### [EXERCISE]
Reproduce the entries that follow, exactly and in full.

### [MATERIAL FOR THIS TASK]
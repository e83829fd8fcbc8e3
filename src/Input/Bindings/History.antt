-- ===== src/Input/Bindings/History.antt =====
-- A poller over time: cycles and reshapes in any order.
use detour_mod_kit.Base.{ℕ, Bool, List, [], ◌∷◌, ◌++◌}
use detour_mod_kit.Text.{Text}
use detour_mod_kit.Input.{InputBinding, Sample, Call}
use detour_mod_kit.Input.Cycle.{Pass, poll_cycle}
use detour_mod_kit.Input.Bindings.{
  KeyCombo, Poller, update_combos, add_bindings, remove_bindings_by_name, clear_bindings,
  release_active_holds, set_consume, set_consume_by_owner,
}

-- What can happen to a poller, one under the lock after the other. A cycle's calls come behind it.
pub data Op : Type 0 where
  cycle : Bool → (Call → Bool) → Bool → Sample → Op
  update : Bool → Bool → ℕ → Text → List KeyCombo → Op
  add : Bool → Bool → ℕ → List InputBinding → Op
  remove : Bool → Bool → ℕ → Text → Bool → Op
  clear : Bool → ℕ → Bool → Op
  release : Op
  consume_named : Bool → ℕ → Text → Bool → Op
  consume_owned : Bool → ℕ → ℕ → Bool → Op

abbrev pub cycled : Pass → Poller → Poller × List Call
cycled pass p = (record p { entries = pass.entries }, pass.calls)

unfoldable pub apply : Op → Poller → Poller × List Call
apply (cycle reserves memory focused s) p =
    cycled (poll_cycle reserves memory focused s p.known_modifiers p.entries) p
apply (update memory caches drawn name combos) p =
    let r = update_combos memory caches drawn name combos p in (r.0, r.2)
apply (add memory caches drawn bs) p = ((add_bindings memory caches drawn bs p).0, [])
apply (remove memory caches drawn name invoke) p =
    let r = remove_bindings_by_name memory caches drawn name invoke p in (r.0, r.2)
apply (clear memory drawn invoke) p = clear_bindings memory drawn invoke p
apply release p = release_active_holds p
apply (consume_named caches drawn name consume) p = (set_consume caches drawn name consume p, [])
apply (consume_owned caches drawn owner consume) p =
    (set_consume_by_owner caches drawn owner consume p, [])

unfoldable pub run : List Op → Poller → Poller × List Call
unfolding apply
run [] p = (p, [])
run (o ∷ os) p = let r = apply o p in let rest = run os r.0 in (rest.0, r.1 ++ rest.1)
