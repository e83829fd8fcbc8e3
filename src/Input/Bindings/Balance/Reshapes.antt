-- ===== src/Input/Bindings/Balance/Reshapes.antt =====
-- What the operations on the binding set of internal/input_poller.cpp tell the callbacks of holds.
use detour_mod_kit.Base.{
  ℕ, ◌+◌, ◌≡◌, refl, Bool, true, false, List, [], ◌∷◌, map, Option, none, some, arith,
  if◌then◌else◌, Bool-cases, inl, inr,
}
use detour_mod_kit.Text.{Text}
use detour_mod_kit.Input.{Trigger, press, hold, InputBinding, Entry}
use detour_mod_kit.Input.Bindings.{
  KeyCombo, named, with_name, without_name, release_of, release_call, release_calls, rewrite_combos,
  fresh_entries, appended, inactive, deactivate, set_named_consume, owned_by, set_owned_consume,
}
use detour_mod_kit.Input.Bindings.Balance.{told, active_holds, active_hold, holds_of, told-append}

pub active_holds-split :
    (f : ℕ) (name : Text) (es : List Entry)
    → active_holds f es ≡ active_holds f (with_name name es) + active_holds f (without_name name es)
unfolding active_holds with_name without_name
active_holds-split f name [] = refl
active_holds-split f name (e ∷ es) =
    let h = active_holds-split f name es in
    elim (Bool-cases (named name e)) [
      | inl q ↦ rw q (omega (arith, h))
      | inr q ↦ rw q (omega (arith, h))
    ]

told-release :
    (f : ℕ) (e : Entry)
    → (told f true (release_call e) ≡ 0) × (told f false (release_call e) ≡ active_hold f e)
unfolding told
told-release f e = go e.binding.on_state_change e.active e.binding.trigger
  where
    go :
        (o : Option ℕ) (a : Bool) (t : Trigger)
        → (told f true (if a then release_of t (record e.binding { on_state_change = o }) else [])
            ≡ 0)
          × (told f false
                (if a then release_of t (record e.binding { on_state_change = o }) else [])
              ≡ holds_of f a t o)
    go none true press = (refl, refl)
    go none true hold = (refl, refl)
    go none false press = (refl, refl)
    go none false hold = (refl, refl)
    go (some g) true press = (refl, refl)
    go (some g) true hold = (omega arith, omega arith)
    go (some g) false press = (refl, refl)
    go (some g) false hold = (refl, refl)

pub told-release_calls :
    (f : ℕ) (es : List Entry)
    → (told f true (release_calls es) ≡ 0) × (told f false (release_calls es) ≡ active_holds f es)
unfolding told release_calls active_holds
told-release_calls f [] = (refl, refl)
told-release_calls f (e ∷ es) =
    let one = told-release f e in
    let more = told-release_calls f es in
    (
      omega (arith, one.0, more.0, told-append f true (release_call e) (release_calls es)),
      omega (arith, one.1, more.1, told-append f false (release_call e) (release_calls es)),
    )

pub active_holds-rewrite_combos :
    (f : ℕ) (name : Text) (combos : List KeyCombo) (es : List Entry)
    → active_holds f (rewrite_combos name combos es) ≡ active_holds f es
unfolding active_holds rewrite_combos
active_holds-rewrite_combos f name combos [] = refl
active_holds-rewrite_combos f name [] (e ∷ es) = refl
active_holds-rewrite_combos f name (c ∷ cs) (e ∷ es) =
    let here = active_holds-rewrite_combos f name cs es in
    let later = active_holds-rewrite_combos f name (c ∷ cs) es in
    elim (Bool-cases (named name e)) [
      | inl q ↦ rw q (omega (arith, here))
      | inr q ↦ rw q (omega (arith, later))
    ]

active_holds-fresh_entries :
    (f : ℕ) (b : InputBinding) (cs : List KeyCombo) → active_holds f (fresh_entries b cs) ≡ 0
unfolding active_holds fresh_entries
active_holds-fresh_entries f b [] = refl
active_holds-fresh_entries f b (c ∷ cs) = omega (arith, active_holds-fresh_entries f b cs)

pub active_holds-appended :
    (f : ℕ) (b : InputBinding) (cs : List KeyCombo) → active_holds f (appended b cs) ≡ 0
unfolding active_holds
active_holds-appended f b [] = refl
active_holds-appended f b (c ∷ cs) = active_holds-fresh_entries f b (c ∷ cs)

pub active_holds-inactive : (f : ℕ) (bs : List InputBinding) → active_holds f (map inactive bs) ≡ 0
unfolding active_holds
active_holds-inactive f [] = refl
active_holds-inactive f (b ∷ bs) = omega (arith, active_holds-inactive f bs)

pub active_holds-deactivate : (f : ℕ) (es : List Entry) → active_holds f (map deactivate es) ≡ 0
unfolding active_holds
active_holds-deactivate f [] = refl
active_holds-deactivate f (e ∷ es) = omega (arith, active_holds-deactivate f es)

pub active_holds-set_named_consume :
    (f : ℕ) (name : Text) (consume : Bool) (es : List Entry)
    → active_holds f (set_named_consume name consume es) ≡ active_holds f es
unfolding active_holds set_named_consume
active_holds-set_named_consume f name consume [] = refl
active_holds-set_named_consume f name consume (e ∷ es) =
    let h = active_holds-set_named_consume f name consume es in
    elim (Bool-cases (named name e)) [
      | inl q ↦ rw q (omega (arith, h))
      | inr q ↦ rw q (omega (arith, h))
    ]

pub active_holds-set_owned_consume :
    (f owner : ℕ) (consume : Bool) (es : List Entry)
    → active_holds f (set_owned_consume owner consume es) ≡ active_holds f es
unfolding active_holds set_owned_consume
active_holds-set_owned_consume f owner consume [] = refl
active_holds-set_owned_consume f owner consume (e ∷ es) =
    let h = active_holds-set_owned_consume f owner consume es in
    elim (Bool-cases (owned_by owner consume e)) [
      | inl q ↦ rw q (omega (arith, h))
      | inr q ↦ rw q (omega (arith, h))
    ]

### [RESPONSE BELOW]
repository e83829fd8fcbc8e3
filename src/Input/Bindings/History.antt
-- ===== src/Input/Bindings/History.antt =====
-- A poller over time: cycles and reshapes in any order.
use detour_mod_kit.Base.{ℕ, Bool, List, [], ◌∷◌, ◌++◌}
use detour_mod_kit.Text.{Text}
use detour_mod_kit.Input.{InputBinding, Sample, Call}
use detour_mod_kit.Input.Cycle.{Pass, poll_cycle}
use detour_mod_kit.Input.Bindings.{
  KeyCombo, Poller, update_combos, add_bindings, remove_bindings_by_name, clear_bindings,
  release_active_holds, set_consume, set_consume_by_owner,
}

-- What can happen to a poller, one under the lock after the other. A cycle's calls come behind it.
pub data Op : Type 0 where
  cycle : Bool → (Call → Bool) → Bool → Sample → Op
  update : Bool → Bool → ℕ → Text → List KeyCombo → Op
  add : Bool → Bool → ℕ → List InputBinding → Op
  remove : Bool → Bool → ℕ → Text → Bool → Op
  clear : Bool → ℕ → Bool → Op
  release : Op
  consume_named : Bool → ℕ → Text → Bool → Op
  consume_owned : Bool → ℕ → ℕ → Bool → Op

abbrev pub cycled : Pass → Poller → Poller × List Call
cycled pass p = (record p { entries = pass.entries }, pass.calls)

unfoldable pub apply : Op → Poller → Poller × List Call
apply (cycle reserves memory focused s) p =
    cycled (poll_cycle reserves memory focused s p.known_modifiers p.entries) p
apply (update memory caches drawn name combos) p =
    let r = update_combos memory caches drawn name combos p in (r.0, r.2)
apply (add memory caches drawn bs) p = ((add_bindings memory caches drawn bs p).0, [])
apply (remove memory caches drawn name invoke) p =
    let r = remove_bindings_by_name memory caches drawn name invoke p in (r.0, r.2)
apply (clear memory drawn invoke) p = clear_bindings memory drawn invoke p
apply release p = release_active_holds p
apply (consume_named caches drawn name consume) p = (set_consume caches drawn name consume p, [])
apply (consume_owned caches drawn owner consume) p =
    (set_consume_by_owner caches drawn owner consume p, [])

unfoldable pub run : List Op → Poller → Poller × List Call
unfolding apply
run [] p = (p, [])
run (o ∷ os) p = let r = apply o p in let rest = run os r.0 in (rest.0, r.1 ++ rest.1)
repository e83829fd8fcbc8e3
filename src/Input/Bindings/Balance/Reshapes.antt
-- ===== src/Input/Bindings/Balance/Reshapes.antt =====
-- What the operations on the binding set of internal/input_poller.cpp tell the callbacks of holds.
use detour_mod_kit.Base.{
  ℕ, ◌+◌, ◌≡◌, refl, Bool, true, false, List, [], ◌∷◌, map, Option, none, some, arith,
  if◌then◌else◌, Bool-cases, inl, inr,
}
use detour_mod_kit.Text.{Text}
use detour_mod_kit.Input.{Trigger, press, hold, InputBinding, Entry}
use detour_mod_kit.Input.Bindings.{
  KeyCombo, named, with_name, without_name, release_of, release_call, release_calls, rewrite_combos,
  fresh_entries, appended, inactive, deactivate, set_named_consume, owned_by, set_owned_consume,
}
use detour_mod_kit.Input.Bindings.Balance.{told, active_holds, active_hold, holds_of, told-append}

pub active_holds-split :
    (f : ℕ) (name : Text) (es : List Entry)
    → active_holds f es ≡ active_holds f (with_name name es) + active_holds f (without_name name es)
unfolding active_holds with_name without_name
active_holds-split f name [] = refl
active_holds-split f name (e ∷ es) =
    let h = active_holds-split f name es in
    elim (Bool-cases (named name e)) [
      | inl q ↦ rw q (omega (arith, h))
      | inr q ↦ rw q (omega (arith, h))
    ]

told-release :
    (f : ℕ) (e : Entry)
    → (told f true (release_call e) ≡ 0) × (told f false (release_call e) ≡ active_hold f e)
unfolding told
told-release f e = go e.binding.on_state_change e.active e.binding.trigger
  where
    go :
        (o : Option ℕ) (a : Bool) (t : Trigger)
        → (told f true (if a then release_of t (record e.binding { on_state_change = o }) else [])
            ≡ 0)
          × (told f false
                (if a then release_of t (record e.binding { on_state_change = o }) else [])
              ≡ holds_of f a t o)
    go none true press = (refl, refl)
    go none true hold = (refl, refl)
    go none false press = (refl, refl)
    go none false hold = (refl, refl)
    go (some g) true press = (refl, refl)
    go (some g) true hold = (omega arith, omega arith)
    go (some g) false press = (refl, refl)
    go (some g) false hold = (refl, refl)

pub told-release_calls :
    (f : ℕ) (es : List Entry)
    → (told f true (release_calls es) ≡ 0) × (told f false (release_calls es) ≡ active_holds f es)
unfolding told release_calls active_holds
told-release_calls f [] = (refl, refl)
told-release_calls f (e ∷ es) =
    let one = told-release f e in
    let more = told-release_calls f es in
    (
      omega (arith, one.0, more.0, told-append f true (release_call e) (release_calls es)),
      omega (arith, one.1, more.1, told-append f false (release_call e) (release_calls es)),
    )

pub active_holds-rewrite_combos :
    (f : ℕ) (name : Text) (combos : List KeyCombo) (es : List Entry)
    → active_holds f (rewrite_combos name combos es) ≡ active_holds f es
unfolding active_holds rewrite_combos
active_holds-rewrite_combos f name combos [] = refl
active_holds-rewrite_combos f name [] (e ∷ es) = refl
active_holds-rewrite_combos f name (c ∷ cs) (e ∷ es) =
    let here = active_holds-rewrite_combos f name cs es in
    let later = active_holds-rewrite_combos f name (c ∷ cs) es in
    elim (Bool-cases (named name e)) [
      | inl q ↦ rw q (omega (arith, here))
      | inr q ↦ rw q (omega (arith, later))
    ]

active_holds-fresh_entries :
    (f : ℕ) (b : InputBinding) (cs : List KeyCombo) → active_holds f (fresh_entries b cs) ≡ 0
unfolding active_holds fresh_entries
active_holds-fresh_entries f b [] = refl
active_holds-fresh_entries f b (c ∷ cs) = omega (arith, active_holds-fresh_entries f b cs)

pub active_holds-appended :
    (f : ℕ) (b : InputBinding) (cs : List KeyCombo) → active_holds f (appended b cs) ≡ 0
unfolding active_holds
active_holds-appended f b [] = refl
active_holds-appended f b (c ∷ cs) = active_holds-fresh_entries f b (c ∷ cs)

pub active_holds-inactive : (f : ℕ) (bs : List InputBinding) → active_holds f (map inactive bs) ≡ 0
unfolding active_holds
active_holds-inactive f [] = refl
active_holds-inactive f (b ∷ bs) = omega (arith, active_holds-inactive f bs)

pub active_holds-deactivate : (f : ℕ) (es : List Entry) → active_holds f (map deactivate es) ≡ 0
unfolding active_holds
active_holds-deactivate f [] = refl
active_holds-deactivate f (e ∷ es) = omega (arith, active_holds-deactivate f es)

pub active_holds-set_named_consume :
    (f : ℕ) (name : Text) (consume : Bool) (es : List Entry)
    → active_holds f (set_named_consume name consume es) ≡ active_holds f es
unfolding active_holds set_named_consume
active_holds-set_named_consume f name consume [] = refl
active_holds-set_named_consume f name consume (e ∷ es) =
    let h = active_holds-set_named_consume f name consume es in
    elim (Bool-cases (named name e)) [
      | inl q ↦ rw q (omega (arith, h))
      | inr q ↦ rw q (omega (arith, h))
    ]

pub active_holds-set_owned_consume :
    (f owner : ℕ) (consume : Bool) (es : List Entry)
    → active_holds f (set_owned_consume owner consume es) ≡ active_holds f es
unfolding active_holds set_owned_consume
active_holds-set_owned_consume f owner consume [] = refl
active_holds-set_owned_consume f owner consume (e ∷ es) =
    let h = active_holds-set_owned_consume f owner consume es in
    elim (Bool-cases (owned_by owner consume e)) [
      | inl q ↦ rw q (omega (arith, h))
      | inr q ↦ rw q (omega (arith, h))
    ]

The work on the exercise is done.